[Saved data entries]
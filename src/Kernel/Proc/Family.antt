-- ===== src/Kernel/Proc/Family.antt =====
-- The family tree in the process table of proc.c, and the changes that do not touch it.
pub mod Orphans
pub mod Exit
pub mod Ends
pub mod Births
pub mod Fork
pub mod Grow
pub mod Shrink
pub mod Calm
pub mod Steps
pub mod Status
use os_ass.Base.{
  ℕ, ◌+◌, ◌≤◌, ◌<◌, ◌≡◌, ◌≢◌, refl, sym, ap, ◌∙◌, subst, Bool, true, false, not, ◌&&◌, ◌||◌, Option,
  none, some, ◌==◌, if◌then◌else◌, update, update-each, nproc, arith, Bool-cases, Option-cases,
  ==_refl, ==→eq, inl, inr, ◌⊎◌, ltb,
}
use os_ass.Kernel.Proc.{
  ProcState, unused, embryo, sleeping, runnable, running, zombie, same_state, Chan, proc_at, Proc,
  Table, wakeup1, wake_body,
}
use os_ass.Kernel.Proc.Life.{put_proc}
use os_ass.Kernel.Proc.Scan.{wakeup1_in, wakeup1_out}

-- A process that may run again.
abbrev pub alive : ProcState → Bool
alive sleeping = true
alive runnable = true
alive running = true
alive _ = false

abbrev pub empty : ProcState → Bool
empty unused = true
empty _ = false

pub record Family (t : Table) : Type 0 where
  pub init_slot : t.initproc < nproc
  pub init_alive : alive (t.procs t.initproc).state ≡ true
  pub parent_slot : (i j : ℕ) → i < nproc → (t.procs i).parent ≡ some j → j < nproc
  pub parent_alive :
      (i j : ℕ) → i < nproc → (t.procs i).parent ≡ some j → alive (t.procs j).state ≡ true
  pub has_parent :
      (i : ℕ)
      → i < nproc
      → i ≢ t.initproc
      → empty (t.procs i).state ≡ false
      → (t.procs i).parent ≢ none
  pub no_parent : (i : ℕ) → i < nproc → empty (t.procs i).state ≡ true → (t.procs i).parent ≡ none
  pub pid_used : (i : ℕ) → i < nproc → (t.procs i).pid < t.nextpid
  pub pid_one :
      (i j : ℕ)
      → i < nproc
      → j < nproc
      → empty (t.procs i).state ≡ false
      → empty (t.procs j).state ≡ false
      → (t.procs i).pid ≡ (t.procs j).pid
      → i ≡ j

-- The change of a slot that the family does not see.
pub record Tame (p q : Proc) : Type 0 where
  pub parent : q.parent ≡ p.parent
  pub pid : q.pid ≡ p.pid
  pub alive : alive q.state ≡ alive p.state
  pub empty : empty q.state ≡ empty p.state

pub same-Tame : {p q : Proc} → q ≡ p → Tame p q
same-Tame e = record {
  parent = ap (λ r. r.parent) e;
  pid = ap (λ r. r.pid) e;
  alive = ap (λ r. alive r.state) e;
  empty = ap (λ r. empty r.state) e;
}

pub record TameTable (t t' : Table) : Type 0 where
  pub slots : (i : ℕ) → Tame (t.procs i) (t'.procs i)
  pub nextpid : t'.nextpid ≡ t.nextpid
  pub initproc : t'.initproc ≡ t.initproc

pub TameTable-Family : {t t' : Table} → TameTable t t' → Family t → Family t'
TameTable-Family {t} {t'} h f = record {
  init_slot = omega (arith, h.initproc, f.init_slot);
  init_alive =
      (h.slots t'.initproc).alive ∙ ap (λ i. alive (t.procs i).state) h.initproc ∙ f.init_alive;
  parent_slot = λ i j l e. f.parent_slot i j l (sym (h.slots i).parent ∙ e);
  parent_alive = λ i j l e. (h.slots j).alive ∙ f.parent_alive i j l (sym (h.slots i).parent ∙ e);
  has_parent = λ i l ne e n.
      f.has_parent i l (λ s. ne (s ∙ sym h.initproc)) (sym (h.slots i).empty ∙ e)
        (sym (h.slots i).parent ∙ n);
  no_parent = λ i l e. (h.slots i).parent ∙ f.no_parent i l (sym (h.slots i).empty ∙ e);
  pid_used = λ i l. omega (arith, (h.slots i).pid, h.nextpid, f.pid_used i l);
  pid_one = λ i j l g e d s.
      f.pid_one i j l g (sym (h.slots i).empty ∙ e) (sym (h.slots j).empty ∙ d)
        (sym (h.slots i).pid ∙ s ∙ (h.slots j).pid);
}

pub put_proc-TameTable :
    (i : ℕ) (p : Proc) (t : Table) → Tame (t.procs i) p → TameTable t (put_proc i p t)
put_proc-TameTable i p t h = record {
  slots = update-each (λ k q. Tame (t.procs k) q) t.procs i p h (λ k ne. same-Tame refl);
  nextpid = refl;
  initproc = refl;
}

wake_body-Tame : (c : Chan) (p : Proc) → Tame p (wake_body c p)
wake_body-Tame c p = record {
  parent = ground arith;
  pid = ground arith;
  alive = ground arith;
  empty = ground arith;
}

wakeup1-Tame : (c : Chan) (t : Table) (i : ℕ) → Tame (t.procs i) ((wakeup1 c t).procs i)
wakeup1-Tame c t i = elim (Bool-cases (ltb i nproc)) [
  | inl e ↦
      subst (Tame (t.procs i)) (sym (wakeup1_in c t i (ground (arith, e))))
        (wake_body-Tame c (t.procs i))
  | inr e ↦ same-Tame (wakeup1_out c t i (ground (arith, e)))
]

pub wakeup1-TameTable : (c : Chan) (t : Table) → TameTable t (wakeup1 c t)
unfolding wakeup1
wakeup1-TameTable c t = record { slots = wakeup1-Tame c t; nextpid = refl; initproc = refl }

**Problem requirements:**
Across the records above, show each line containing the word "Option".

**Exercise answer:**
  ℕ, ◌+◌, ◌≤◌, ◌<◌, ◌≡◌, ◌≢◌, refl, sym, ap, ◌∙◌, subst, Bool, true, false, not, ◌&&◌, ◌||◌, Option,
  none, some, ◌==◌, if◌then◌else◌, update, update-each, nproc, arith, Bool-cases, Option-cases,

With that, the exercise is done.